Start of Data
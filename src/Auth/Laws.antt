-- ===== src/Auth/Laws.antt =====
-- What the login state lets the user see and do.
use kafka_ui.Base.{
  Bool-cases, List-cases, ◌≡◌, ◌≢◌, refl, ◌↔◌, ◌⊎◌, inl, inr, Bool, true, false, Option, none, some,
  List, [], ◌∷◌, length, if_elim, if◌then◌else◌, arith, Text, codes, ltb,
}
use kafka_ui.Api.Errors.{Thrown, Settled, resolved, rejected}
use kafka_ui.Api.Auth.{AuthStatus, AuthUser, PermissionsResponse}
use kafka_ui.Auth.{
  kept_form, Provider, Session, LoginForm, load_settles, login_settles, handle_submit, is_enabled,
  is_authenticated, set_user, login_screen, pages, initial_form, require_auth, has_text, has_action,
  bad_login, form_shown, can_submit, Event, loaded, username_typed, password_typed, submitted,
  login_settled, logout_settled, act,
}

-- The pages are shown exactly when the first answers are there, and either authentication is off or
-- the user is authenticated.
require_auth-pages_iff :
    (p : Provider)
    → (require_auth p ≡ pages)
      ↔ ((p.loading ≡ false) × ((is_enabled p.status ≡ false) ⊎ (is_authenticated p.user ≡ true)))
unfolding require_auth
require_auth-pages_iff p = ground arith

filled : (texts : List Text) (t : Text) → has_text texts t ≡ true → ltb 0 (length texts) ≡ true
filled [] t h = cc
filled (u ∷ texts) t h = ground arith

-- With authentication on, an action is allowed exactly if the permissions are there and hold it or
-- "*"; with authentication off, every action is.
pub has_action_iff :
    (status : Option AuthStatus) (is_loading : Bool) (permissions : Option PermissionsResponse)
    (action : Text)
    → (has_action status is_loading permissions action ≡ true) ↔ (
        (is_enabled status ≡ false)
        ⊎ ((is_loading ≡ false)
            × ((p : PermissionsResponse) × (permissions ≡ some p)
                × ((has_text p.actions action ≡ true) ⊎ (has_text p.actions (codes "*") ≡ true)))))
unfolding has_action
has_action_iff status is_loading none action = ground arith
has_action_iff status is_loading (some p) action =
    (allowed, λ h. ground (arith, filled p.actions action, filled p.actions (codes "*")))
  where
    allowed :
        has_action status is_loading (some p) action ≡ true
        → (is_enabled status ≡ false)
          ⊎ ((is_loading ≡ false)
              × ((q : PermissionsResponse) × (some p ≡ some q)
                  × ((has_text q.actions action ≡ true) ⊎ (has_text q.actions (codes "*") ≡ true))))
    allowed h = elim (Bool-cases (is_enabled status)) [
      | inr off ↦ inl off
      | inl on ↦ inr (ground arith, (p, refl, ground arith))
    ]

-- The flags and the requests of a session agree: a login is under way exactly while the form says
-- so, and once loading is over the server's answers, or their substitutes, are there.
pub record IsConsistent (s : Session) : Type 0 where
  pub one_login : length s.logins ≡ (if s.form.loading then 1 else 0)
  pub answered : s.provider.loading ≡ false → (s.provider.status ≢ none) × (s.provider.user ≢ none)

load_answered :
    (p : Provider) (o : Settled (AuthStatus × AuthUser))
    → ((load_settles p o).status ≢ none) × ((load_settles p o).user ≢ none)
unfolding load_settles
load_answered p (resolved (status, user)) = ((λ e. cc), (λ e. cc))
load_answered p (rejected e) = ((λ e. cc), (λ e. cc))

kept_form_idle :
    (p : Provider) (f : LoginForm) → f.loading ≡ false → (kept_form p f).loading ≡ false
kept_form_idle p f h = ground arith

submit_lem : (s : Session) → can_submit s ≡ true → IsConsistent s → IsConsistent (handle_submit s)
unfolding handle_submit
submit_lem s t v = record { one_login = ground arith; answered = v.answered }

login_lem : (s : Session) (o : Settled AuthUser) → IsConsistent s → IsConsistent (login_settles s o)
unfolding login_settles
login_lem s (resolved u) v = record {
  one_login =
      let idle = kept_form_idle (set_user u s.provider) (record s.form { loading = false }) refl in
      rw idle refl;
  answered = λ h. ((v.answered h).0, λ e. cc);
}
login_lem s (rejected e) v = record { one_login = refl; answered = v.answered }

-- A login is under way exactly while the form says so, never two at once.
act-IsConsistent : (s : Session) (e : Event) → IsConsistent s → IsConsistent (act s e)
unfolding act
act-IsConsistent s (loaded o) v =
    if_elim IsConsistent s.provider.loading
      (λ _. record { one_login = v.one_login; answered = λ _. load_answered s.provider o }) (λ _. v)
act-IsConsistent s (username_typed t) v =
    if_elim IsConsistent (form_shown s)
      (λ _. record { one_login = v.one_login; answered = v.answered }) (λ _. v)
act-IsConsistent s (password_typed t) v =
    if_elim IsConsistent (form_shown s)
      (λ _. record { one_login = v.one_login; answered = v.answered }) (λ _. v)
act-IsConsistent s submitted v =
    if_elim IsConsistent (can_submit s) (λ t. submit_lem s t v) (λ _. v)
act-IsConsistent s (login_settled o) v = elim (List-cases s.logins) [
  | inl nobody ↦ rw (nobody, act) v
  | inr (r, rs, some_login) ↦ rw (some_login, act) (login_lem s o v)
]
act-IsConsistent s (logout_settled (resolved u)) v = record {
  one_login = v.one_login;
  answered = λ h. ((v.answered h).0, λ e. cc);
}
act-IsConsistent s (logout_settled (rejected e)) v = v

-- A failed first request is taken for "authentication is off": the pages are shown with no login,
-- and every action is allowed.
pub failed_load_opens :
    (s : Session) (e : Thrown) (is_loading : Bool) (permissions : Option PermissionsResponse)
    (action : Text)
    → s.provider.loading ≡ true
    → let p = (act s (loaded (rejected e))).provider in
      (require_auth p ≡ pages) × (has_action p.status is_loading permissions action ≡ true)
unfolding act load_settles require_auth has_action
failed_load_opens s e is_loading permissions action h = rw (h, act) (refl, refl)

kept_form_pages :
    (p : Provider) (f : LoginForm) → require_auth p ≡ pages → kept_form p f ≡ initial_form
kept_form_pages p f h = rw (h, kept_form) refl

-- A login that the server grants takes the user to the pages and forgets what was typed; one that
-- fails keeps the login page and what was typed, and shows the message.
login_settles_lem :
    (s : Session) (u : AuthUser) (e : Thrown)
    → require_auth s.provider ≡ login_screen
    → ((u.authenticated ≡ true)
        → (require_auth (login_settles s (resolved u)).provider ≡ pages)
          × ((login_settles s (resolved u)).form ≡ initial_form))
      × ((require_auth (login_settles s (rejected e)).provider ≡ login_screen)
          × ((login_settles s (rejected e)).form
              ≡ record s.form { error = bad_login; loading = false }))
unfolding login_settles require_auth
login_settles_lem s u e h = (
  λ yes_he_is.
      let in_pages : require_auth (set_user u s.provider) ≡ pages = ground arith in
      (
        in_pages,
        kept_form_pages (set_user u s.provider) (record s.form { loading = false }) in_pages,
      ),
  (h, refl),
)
End of Data
Work out the number of lines in the records containing the word "Event". Write only that number.

2